[Dataset excerpts]:
-- ===== src/Engine/Start/Paths.antt =====
-- The ways of src/engine/receive-engine.ts from `start` to the catch-up, for any two predicates: one that
-- holds before the catch-up and one that holds after it.
use notestr.Prelude.{
  ℕ, ◌+◌, ◌≡◌, refl, Text, Bool, true, false, not, Option, none, some, List, [], ◌∷◌, ltb, length,
  ◌==◌,
}
use notestr.Engine.Types.{IngestSignal, EngineCheckpoint, joining}
use notestr.Engine.World.{
  World, Exec, Flow, done, returned, call, alive, pass, bootstrap_unresolved,
  preserve_and_replay_recovery,
}
use notestr.Engine.Writes.{save_deferred_ids_with_retry}
use notestr.Engine.Steady.{Steady, set_policy-Leaves}
use notestr.Engine.Steady.Writes.{
  pass-Steady, add_degradation_reason-Steady, clear_degradation_reason-Steady,
  save_checkpoint_resilient-Steady, transition_to-Leaves, save_deferred_ids_with_retry-Leaves,
}
use notestr.Engine.Steady.Retry.{signal_job-Leaves}
use notestr.Engine.Ensures.{
  Ended, Ensures, Stable, bind-Ensures, answer, if-Ensures, when-Ensures, call-Ensures,
  modify-Ensures, gets-Ensures,
}
use notestr.Engine.Retry.{Ingest, for_await}
use notestr.Engine.Start.{
  Adapter, Outcome, resolved, rejected, settled, awaited, enqueue_signal, enter_catching_up,
  join_timer, drain_bootstrap, bootstrap_failed, catch_rejection, bootstrap_fetched,
  run_bootstrap_fetch, enter_joining,
}
use notestr.Engine.Start.Recovery.{restore_position, Stores, recover_from, is_empty_list}

abbrev pub Settles : (World → Type 0) → Outcome → World → Type 0
Settles Over o w = (o ≡ resolved) × Over w

pub restore_position-Steady :
    (c : Option EngineCheckpoint) (w : World) → Steady w (restore_position c w)
unfolding restore_position
restore_position-Steady (some c) w = record {
  counted = refl;
  quiet = λ h. (h, refl);
  told = λ h. h;
}
restore_position-Steady none w =
    let v = record w {
      last_ingested_seq = 0;
      last_epoch = none;
      last_accepted_domain_event_id = none;
      bootstrap_completed = true;
    } in
    let s = add_degradation_reason-Steady preserve_and_replay_recovery v in
    record { counted = s.counted; quiet = s.quiet; told = s.told }

completed-Steady : (b : Bool) (w : World) → Steady w (record w { bootstrap_completed = b })
completed-Steady b w = record { counted = refl; quiet = λ h. (h, refl); told = λ h. h }

pub enqueue_signal-Ensures :
    {P E : World → Type 0} (g : Text) (ingest : Ingest) (fuel gen : ℕ) (signal : IngestSignal)
    → Stable P
    → Ensures P (enqueue_signal g ingest fuel gen signal) (λ u. P) E
unfolding enqueue_signal
enqueue_signal-Ensures g ingest fuel gen signal stable =
    call-Ensures stable (signal_job-Leaves g ingest fuel gen signal)

pub for_await-Ensures :
    {P E : World → Type 0} (gen : ℕ) (body : IngestSignal → Exec (Unit {0}))
    (signals : List IngestSignal)
    → Stable P
    → Ensures P (alive gen) (λ u. P) E
    → ((signal : IngestSignal) → Ensures P (body signal) (λ u. P) E)
    → Ensures P (for_await gen body signals) (λ u. P) E
unfolding for_await
for_await-Ensures gen body [] stable live h = modify-Ensures stable pass pass-Steady
for_await-Ensures gen body (signal ∷ signals) stable live h =
    bind-Ensures (modify-Ensures stable pass pass-Steady) λ u. bind-Ensures live λ v.
      bind-Ensures (h signal)
        λ x. bind-Ensures live λ y. for_await-Ensures gen body signals stable live h

module _ (g : Text) (adapter : Adapter) (t_join_ms fuel gen : ℕ) (Fresh Over E : World → Type 0)
    (fresh : Stable Fresh) (over : Stable Over)
    (fresh_alive : Ensures Fresh (alive gen) (λ u. Fresh) E)
    (over_alive : Ensures Over (alive gen) (λ u. Over) E) (early : (w : World) → E w → Over w)
    (caught_up : Ensures Fresh (enter_catching_up g adapter fuel gen) (Settles Over) E) where
  abbrev Timed : Bool → World → Type 0
  Timed true = Over
  Timed false = Fresh

  Timed-Stable : (b : Bool) → Stable (Timed b)
  Timed-Stable true = over
  Timed-Stable false = fresh

  timer_alive : (b : Bool) → Ensures (Timed b) (alive gen) (λ u. Timed b) E
  timer_alive true = over_alive
  timer_alive false = fresh_alive

  -- An awaited call settles either way.
  awaited-Ensures : Ensures Fresh (awaited (enter_catching_up g adapter fuel gen)) (Settles Over) E
  awaited-Ensures = record {
    run = λ w h. go (enter_catching_up g adapter fuel gen w) (caught_up.run w h);
  }
    where
      go :
          (r : Flow Outcome × World)
          → Ended (Settles Over) E r
          → Settles Over (settled r).0 (settled r).1
      go (done o, w) h = h
      go (returned, w) h = (refl, early w h)

  call-Over :
      (m : Exec (Unit {0})) → Ensures Fresh m (λ u. Over) E → Ensures Fresh (call m) (λ u. Over) E
  call-Over m p = record { run = λ w h. go (m w) (p.run w h) }
    where
      go : (r : Flow (Unit {0}) × World) → Ended (λ (u : Unit {0}). Over) E r → Over r.1
      go (done u, w) h = h
      go (returned, w) h = early w h

  join_timer-Ensures :
      (deadline : ℕ) (fired : Bool)
      → Ensures (Timed fired) (join_timer g adapter fuel gen deadline fired) Timed E
  unfolding join_timer
  join_timer-Ensures deadline true = answer true (λ w h. h)
  join_timer-Ensures deadline false = bind-Ensures (gets-Ensures _) λ now.
      if-Ensures (ltb now deadline) (answer false (λ w h. h)) (
        bind-Ensures
          (call-Over _ (
            bind-Ensures fresh_alive λ u.
              bind-Ensures
                (modify-Ensures fresh _ (add_degradation_reason-Steady bootstrap_unresolved))
                λ v. bind-Ensures awaited-Ensures λ o. answer tt (λ w h. h.1)))
          λ u. answer true (λ w h. h))

  drain_bootstrap-Ensures :
      (deadline : ℕ) (fired : Bool) (signals : List IngestSignal)
      → Ensures (Timed fired) (drain_bootstrap g adapter fuel gen deadline fired signals) Timed E
  unfolding drain_bootstrap
  drain_bootstrap-Ensures deadline fired [] =
      bind-Ensures (modify-Ensures (Timed-Stable fired) pass pass-Steady)
        λ u. join_timer-Ensures deadline fired
  drain_bootstrap-Ensures deadline fired (signal ∷ signals) =
      bind-Ensures (modify-Ensures (Timed-Stable fired) pass pass-Steady) λ u.
        bind-Ensures (join_timer-Ensures deadline fired) λ now. bind-Ensures (timer_alive now) λ v.
          bind-Ensures
            (enqueue_signal-Ensures g adapter.ingest_persisted fuel gen signal (Timed-Stable now))
            λ x. bind-Ensures (timer_alive now) λ y. drain_bootstrap-Ensures deadline now signals

  bootstrap_failed-Ensures :
      (fired : Bool)
      → Ensures (Timed fired) (bootstrap_failed g adapter fuel gen fired) (Settles Over) E
  unfolding bootstrap_failed
  bootstrap_failed-Ensures true = bind-Ensures over_alive λ u. answer resolved (λ w h. (refl, h))
  bootstrap_failed-Ensures false = bind-Ensures fresh_alive λ u.
      bind-Ensures (modify-Ensures fresh _ (add_degradation_reason-Steady bootstrap_unresolved))
        λ v. caught_up

  catch_rejection-Ensures :
      (o : Outcome)
      → Ensures (Settles Over o) (catch_rejection g adapter fuel gen o) (Settles Over) E
  catch_rejection-Ensures resolved = answer resolved (λ w h. h)
  catch_rejection-Ensures rejected = record { run = λ w h. absurd_outcome h.0 }
    where
      absurd_outcome : {A : Type 0} → rejected ≡ resolved → A
      absurd_outcome e = cc

  bootstrap_fetched-Ensures :
      (fired : Bool)
      → Ensures (Timed fired) (bootstrap_fetched g adapter fuel gen fired) (Settles Over) E
  unfolding bootstrap_fetched
  bootstrap_fetched-Ensures true = bind-Ensures over_alive λ u.
      bind-Ensures (modify-Ensures over _ (completed-Steady true)) λ v.
        bind-Ensures (modify-Ensures over _ (clear_degradation_reason-Steady bootstrap_unresolved))
          λ x.
            bind-Ensures (modify-Ensures over _ (save_checkpoint_resilient-Steady g))
              λ y. bind-Ensures over_alive λ z. answer resolved (λ w h. (refl, h))
  bootstrap_fetched-Ensures false = bind-Ensures fresh_alive λ u.
      bind-Ensures (modify-Ensures fresh _ (completed-Steady true))
        λ v. bind-Ensures awaited-Ensures λ o. catch_rejection-Ensures o

  run_bootstrap_fetch-Ensures :
      Ensures Fresh (run_bootstrap_fetch g adapter t_join_ms fuel gen) (Settles Over) E
  unfolding run_bootstrap_fetch
  run_bootstrap_fetch-Ensures = bind-Ensures fresh_alive λ u. bind-Ensures (gets-Ensures _) λ now.
      bind-Ensures (drain_bootstrap-Ensures (now + t_join_ms) false adapter.fetch_bootstrap.signals)
        λ fired.
          if-Ensures adapter.fetch_bootstrap.throws (bootstrap_failed-Ensures fired)
            (bootstrap_fetched-Ensures fired)

  pub enter_joining-Ensures :
      Ensures Fresh (enter_joining g adapter t_join_ms fuel gen) (Settles Over) E
  unfolding enter_joining
  enter_joining-Ensures = bind-Ensures fresh_alive λ u.
      bind-Ensures (modify-Ensures fresh _ (completed-Steady false)) λ v.
        bind-Ensures (call-Ensures fresh (transition_to-Leaves g gen joining))
          λ x. bind-Ensures fresh_alive λ y. run_bootstrap_fetch-Ensures

  -- The recovery, once its stores are read.
  pub recovered-Ensures :
      (stores : Stores)
      → Ensures Fresh (recover_from g adapter fuel gen (some stores)) (Settles Over) E
  unfolding recover_from
  recovered-Ensures stores = bind-Ensures fresh_alive λ u.
      bind-Ensures (modify-Ensures fresh _ ((set_policy-Leaves _).run)) λ v.
        bind-Ensures
          (when-Ensures (not (length _ == length stores.deferred_ids))
            (bind-Ensures (saved _) λ s. fresh_alive))
          λ x. bind-Ensures (gets-Ensures _) λ now.
            bind-Ensures (modify-Ensures fresh _ ((set_policy-Leaves _).run)) λ y.
              bind-Ensures (gets-Ensures _) λ gap. bind-Ensures (gets-Ensures _) λ signals.
                bind-Ensures
                  (when-Ensures (not (is_empty_list gap)) (
                    for_await-Ensures gen _ signals fresh fresh_alive (λ signal.
                      enqueue_signal-Ensures g adapter.ingest_persisted fuel gen signal fresh)))
                  λ z. bind-Ensures fresh_alive λ a. caught_up
    where
      saved :
          (ids : List Text) → Ensures Fresh (save_deferred_ids_with_retry g gen ids) (λ b. Fresh) E
      saved ids = record {
        run = λ w h. fresh w _ ((save_deferred_ids_with_retry-Leaves g gen ids).run w) h;
      }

[Your assignment]: Take the line above containing "λ v. bind-Ensures awaited-Ensures λ o. answer", the line containing "over _ (clear_degradation_reason-Steady bootstrap_unresolved))", and all lines in between, and copy them exactly without anything else.

[Exercise response]:
                λ v. bind-Ensures awaited-Ensures λ o. answer tt (λ w h. h.1)))
          λ u. answer true (λ w h. h))

  drain_bootstrap-Ensures :
      (deadline : ℕ) (fired : Bool) (signals : List IngestSignal)
      → Ensures (Timed fired) (drain_bootstrap g adapter fuel gen deadline fired signals) Timed E
  unfolding drain_bootstrap
  drain_bootstrap-Ensures deadline fired [] =
      bind-Ensures (modify-Ensures (Timed-Stable fired) pass pass-Steady)
        λ u. join_timer-Ensures deadline fired
  drain_bootstrap-Ensures deadline fired (signal ∷ signals) =
      bind-Ensures (modify-Ensures (Timed-Stable fired) pass pass-Steady) λ u.
        bind-Ensures (join_timer-Ensures deadline fired) λ now. bind-Ensures (timer_alive now) λ v.
          bind-Ensures
            (enqueue_signal-Ensures g adapter.ingest_persisted fuel gen signal (Timed-Stable now))
            λ x. bind-Ensures (timer_alive now) λ y. drain_bootstrap-Ensures deadline now signals

  bootstrap_failed-Ensures :
      (fired : Bool)
      → Ensures (Timed fired) (bootstrap_failed g adapter fuel gen fired) (Settles Over) E
  unfolding bootstrap_failed
  bootstrap_failed-Ensures true = bind-Ensures over_alive λ u. answer resolved (λ w h. (refl, h))
  bootstrap_failed-Ensures false = bind-Ensures fresh_alive λ u.
      bind-Ensures (modify-Ensures fresh _ (add_degradation_reason-Steady bootstrap_unresolved))
        λ v. caught_up

  catch_rejection-Ensures :
      (o : Outcome)
      → Ensures (Settles Over o) (catch_rejection g adapter fuel gen o) (Settles Over) E
  catch_rejection-Ensures resolved = answer resolved (λ w h. h)
  catch_rejection-Ensures rejected = record { run = λ w h. absurd_outcome h.0 }
    where
      absurd_outcome : {A : Type 0} → rejected ≡ resolved → A
      absurd_outcome e = cc

  bootstrap_fetched-Ensures :
      (fired : Bool)
      → Ensures (Timed fired) (bootstrap_fetched g adapter fuel gen fired) (Settles Over) E
  unfolding bootstrap_fetched
  bootstrap_fetched-Ensures true = bind-Ensures over_alive λ u.
      bind-Ensures (modify-Ensures over _ (completed-Steady true)) λ v.
        bind-Ensures (modify-Ensures over _ (clear_degradation_reason-Steady bootstrap_unresolved))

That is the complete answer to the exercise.